| WHAT YOU ARE ASKED TO DO |
Please state how many lines of the records hold the string "newp", giving nothing but the number.

[Saved entries]

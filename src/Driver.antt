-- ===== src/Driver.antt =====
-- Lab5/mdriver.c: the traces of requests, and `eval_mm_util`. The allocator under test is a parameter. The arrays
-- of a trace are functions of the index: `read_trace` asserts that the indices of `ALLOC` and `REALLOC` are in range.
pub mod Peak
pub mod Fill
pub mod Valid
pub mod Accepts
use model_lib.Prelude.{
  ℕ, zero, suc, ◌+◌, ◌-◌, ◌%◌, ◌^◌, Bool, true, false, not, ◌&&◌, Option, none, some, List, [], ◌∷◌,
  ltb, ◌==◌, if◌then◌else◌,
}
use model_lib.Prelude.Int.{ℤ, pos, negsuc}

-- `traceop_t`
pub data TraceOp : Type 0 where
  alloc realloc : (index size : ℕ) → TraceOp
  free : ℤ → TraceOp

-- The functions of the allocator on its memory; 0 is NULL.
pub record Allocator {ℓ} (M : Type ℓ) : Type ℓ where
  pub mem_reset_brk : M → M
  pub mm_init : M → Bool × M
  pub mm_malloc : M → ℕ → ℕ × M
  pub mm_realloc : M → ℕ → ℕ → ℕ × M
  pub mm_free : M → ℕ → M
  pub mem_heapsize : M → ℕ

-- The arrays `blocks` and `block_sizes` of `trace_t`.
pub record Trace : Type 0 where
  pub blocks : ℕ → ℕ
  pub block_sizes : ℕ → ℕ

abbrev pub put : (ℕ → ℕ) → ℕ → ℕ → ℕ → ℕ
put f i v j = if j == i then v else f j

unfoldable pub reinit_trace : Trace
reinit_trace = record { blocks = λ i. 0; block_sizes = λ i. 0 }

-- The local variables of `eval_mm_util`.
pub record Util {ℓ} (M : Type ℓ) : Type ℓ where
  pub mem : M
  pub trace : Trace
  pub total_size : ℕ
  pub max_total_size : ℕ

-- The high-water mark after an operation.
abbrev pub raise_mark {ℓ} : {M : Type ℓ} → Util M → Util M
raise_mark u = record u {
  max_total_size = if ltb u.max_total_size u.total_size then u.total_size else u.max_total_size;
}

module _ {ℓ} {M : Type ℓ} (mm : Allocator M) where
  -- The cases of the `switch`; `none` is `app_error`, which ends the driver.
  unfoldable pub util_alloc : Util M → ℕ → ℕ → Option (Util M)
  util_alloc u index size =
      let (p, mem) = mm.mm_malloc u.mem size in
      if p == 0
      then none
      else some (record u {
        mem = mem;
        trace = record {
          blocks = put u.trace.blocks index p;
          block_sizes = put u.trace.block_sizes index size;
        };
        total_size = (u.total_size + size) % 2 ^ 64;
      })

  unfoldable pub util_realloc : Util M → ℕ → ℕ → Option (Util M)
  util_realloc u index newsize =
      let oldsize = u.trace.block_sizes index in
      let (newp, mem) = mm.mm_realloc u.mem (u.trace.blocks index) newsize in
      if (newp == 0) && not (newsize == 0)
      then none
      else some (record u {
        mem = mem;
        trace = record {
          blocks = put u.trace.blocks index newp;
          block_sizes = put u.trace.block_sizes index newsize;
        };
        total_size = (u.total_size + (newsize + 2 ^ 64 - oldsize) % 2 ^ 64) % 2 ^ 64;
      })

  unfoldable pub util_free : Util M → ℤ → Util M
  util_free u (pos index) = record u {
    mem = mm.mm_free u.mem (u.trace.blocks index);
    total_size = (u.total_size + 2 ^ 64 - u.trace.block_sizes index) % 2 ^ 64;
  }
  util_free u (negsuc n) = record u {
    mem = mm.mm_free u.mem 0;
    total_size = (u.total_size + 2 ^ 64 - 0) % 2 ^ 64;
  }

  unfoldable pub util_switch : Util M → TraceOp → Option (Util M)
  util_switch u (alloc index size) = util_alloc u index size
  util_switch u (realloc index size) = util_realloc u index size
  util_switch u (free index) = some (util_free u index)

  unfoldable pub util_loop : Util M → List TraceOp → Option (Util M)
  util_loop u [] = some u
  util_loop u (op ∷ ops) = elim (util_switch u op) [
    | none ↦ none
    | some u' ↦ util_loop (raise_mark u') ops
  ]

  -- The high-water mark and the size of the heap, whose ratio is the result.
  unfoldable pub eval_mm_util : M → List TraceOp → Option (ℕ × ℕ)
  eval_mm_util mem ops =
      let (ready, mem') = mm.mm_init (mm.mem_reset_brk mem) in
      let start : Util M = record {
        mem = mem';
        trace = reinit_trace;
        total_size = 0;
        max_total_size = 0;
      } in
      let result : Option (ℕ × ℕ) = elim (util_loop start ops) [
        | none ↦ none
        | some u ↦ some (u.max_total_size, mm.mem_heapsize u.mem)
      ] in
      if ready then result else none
---
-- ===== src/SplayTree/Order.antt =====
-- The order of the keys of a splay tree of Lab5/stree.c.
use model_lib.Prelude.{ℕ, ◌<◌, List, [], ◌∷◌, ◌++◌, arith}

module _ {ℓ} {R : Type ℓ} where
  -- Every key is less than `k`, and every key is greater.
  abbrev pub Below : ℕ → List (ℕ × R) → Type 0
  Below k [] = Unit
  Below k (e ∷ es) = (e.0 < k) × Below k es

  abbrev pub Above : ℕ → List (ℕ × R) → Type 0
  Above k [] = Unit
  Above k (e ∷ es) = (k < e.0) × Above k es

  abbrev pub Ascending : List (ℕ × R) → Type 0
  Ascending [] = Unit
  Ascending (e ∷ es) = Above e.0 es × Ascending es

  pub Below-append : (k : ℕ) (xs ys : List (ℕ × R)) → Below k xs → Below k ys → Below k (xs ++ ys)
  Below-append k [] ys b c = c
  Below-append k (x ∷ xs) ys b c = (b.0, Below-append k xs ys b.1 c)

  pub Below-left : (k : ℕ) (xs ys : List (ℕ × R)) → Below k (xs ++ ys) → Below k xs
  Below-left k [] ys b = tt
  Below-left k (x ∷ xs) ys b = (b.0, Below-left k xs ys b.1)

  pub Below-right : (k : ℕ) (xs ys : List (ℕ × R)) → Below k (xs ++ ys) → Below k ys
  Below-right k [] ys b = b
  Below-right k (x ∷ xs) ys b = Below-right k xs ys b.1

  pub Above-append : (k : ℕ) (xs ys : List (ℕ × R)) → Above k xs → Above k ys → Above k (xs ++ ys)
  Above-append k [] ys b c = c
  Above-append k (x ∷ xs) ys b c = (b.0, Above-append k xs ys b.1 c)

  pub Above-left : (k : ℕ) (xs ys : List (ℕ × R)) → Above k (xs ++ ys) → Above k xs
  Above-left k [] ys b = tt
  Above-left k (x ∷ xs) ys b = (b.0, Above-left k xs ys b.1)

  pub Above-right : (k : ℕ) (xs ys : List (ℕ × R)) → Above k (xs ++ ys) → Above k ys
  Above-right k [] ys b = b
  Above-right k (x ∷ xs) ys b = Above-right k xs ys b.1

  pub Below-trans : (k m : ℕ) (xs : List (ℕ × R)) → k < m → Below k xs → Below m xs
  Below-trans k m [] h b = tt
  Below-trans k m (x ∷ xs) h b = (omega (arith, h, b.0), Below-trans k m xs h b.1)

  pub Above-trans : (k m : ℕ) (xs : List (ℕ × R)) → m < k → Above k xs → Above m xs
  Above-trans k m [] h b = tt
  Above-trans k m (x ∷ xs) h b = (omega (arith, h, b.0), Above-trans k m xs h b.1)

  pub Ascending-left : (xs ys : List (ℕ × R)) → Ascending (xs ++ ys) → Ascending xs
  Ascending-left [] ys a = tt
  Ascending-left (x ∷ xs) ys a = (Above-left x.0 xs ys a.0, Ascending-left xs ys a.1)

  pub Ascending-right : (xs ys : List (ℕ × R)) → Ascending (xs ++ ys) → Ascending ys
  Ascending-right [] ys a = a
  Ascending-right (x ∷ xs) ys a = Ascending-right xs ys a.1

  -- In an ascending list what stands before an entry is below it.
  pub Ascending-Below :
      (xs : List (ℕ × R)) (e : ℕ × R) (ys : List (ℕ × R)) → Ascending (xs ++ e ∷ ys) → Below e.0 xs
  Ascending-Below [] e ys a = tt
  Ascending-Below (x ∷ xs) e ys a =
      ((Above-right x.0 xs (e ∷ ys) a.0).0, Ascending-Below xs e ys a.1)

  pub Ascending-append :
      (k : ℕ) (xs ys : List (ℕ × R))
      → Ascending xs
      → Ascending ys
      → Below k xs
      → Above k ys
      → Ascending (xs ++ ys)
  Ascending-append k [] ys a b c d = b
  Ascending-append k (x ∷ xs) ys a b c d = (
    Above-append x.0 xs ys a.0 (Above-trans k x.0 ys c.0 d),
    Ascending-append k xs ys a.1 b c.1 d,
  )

| EXPECTED OUTPUT |
3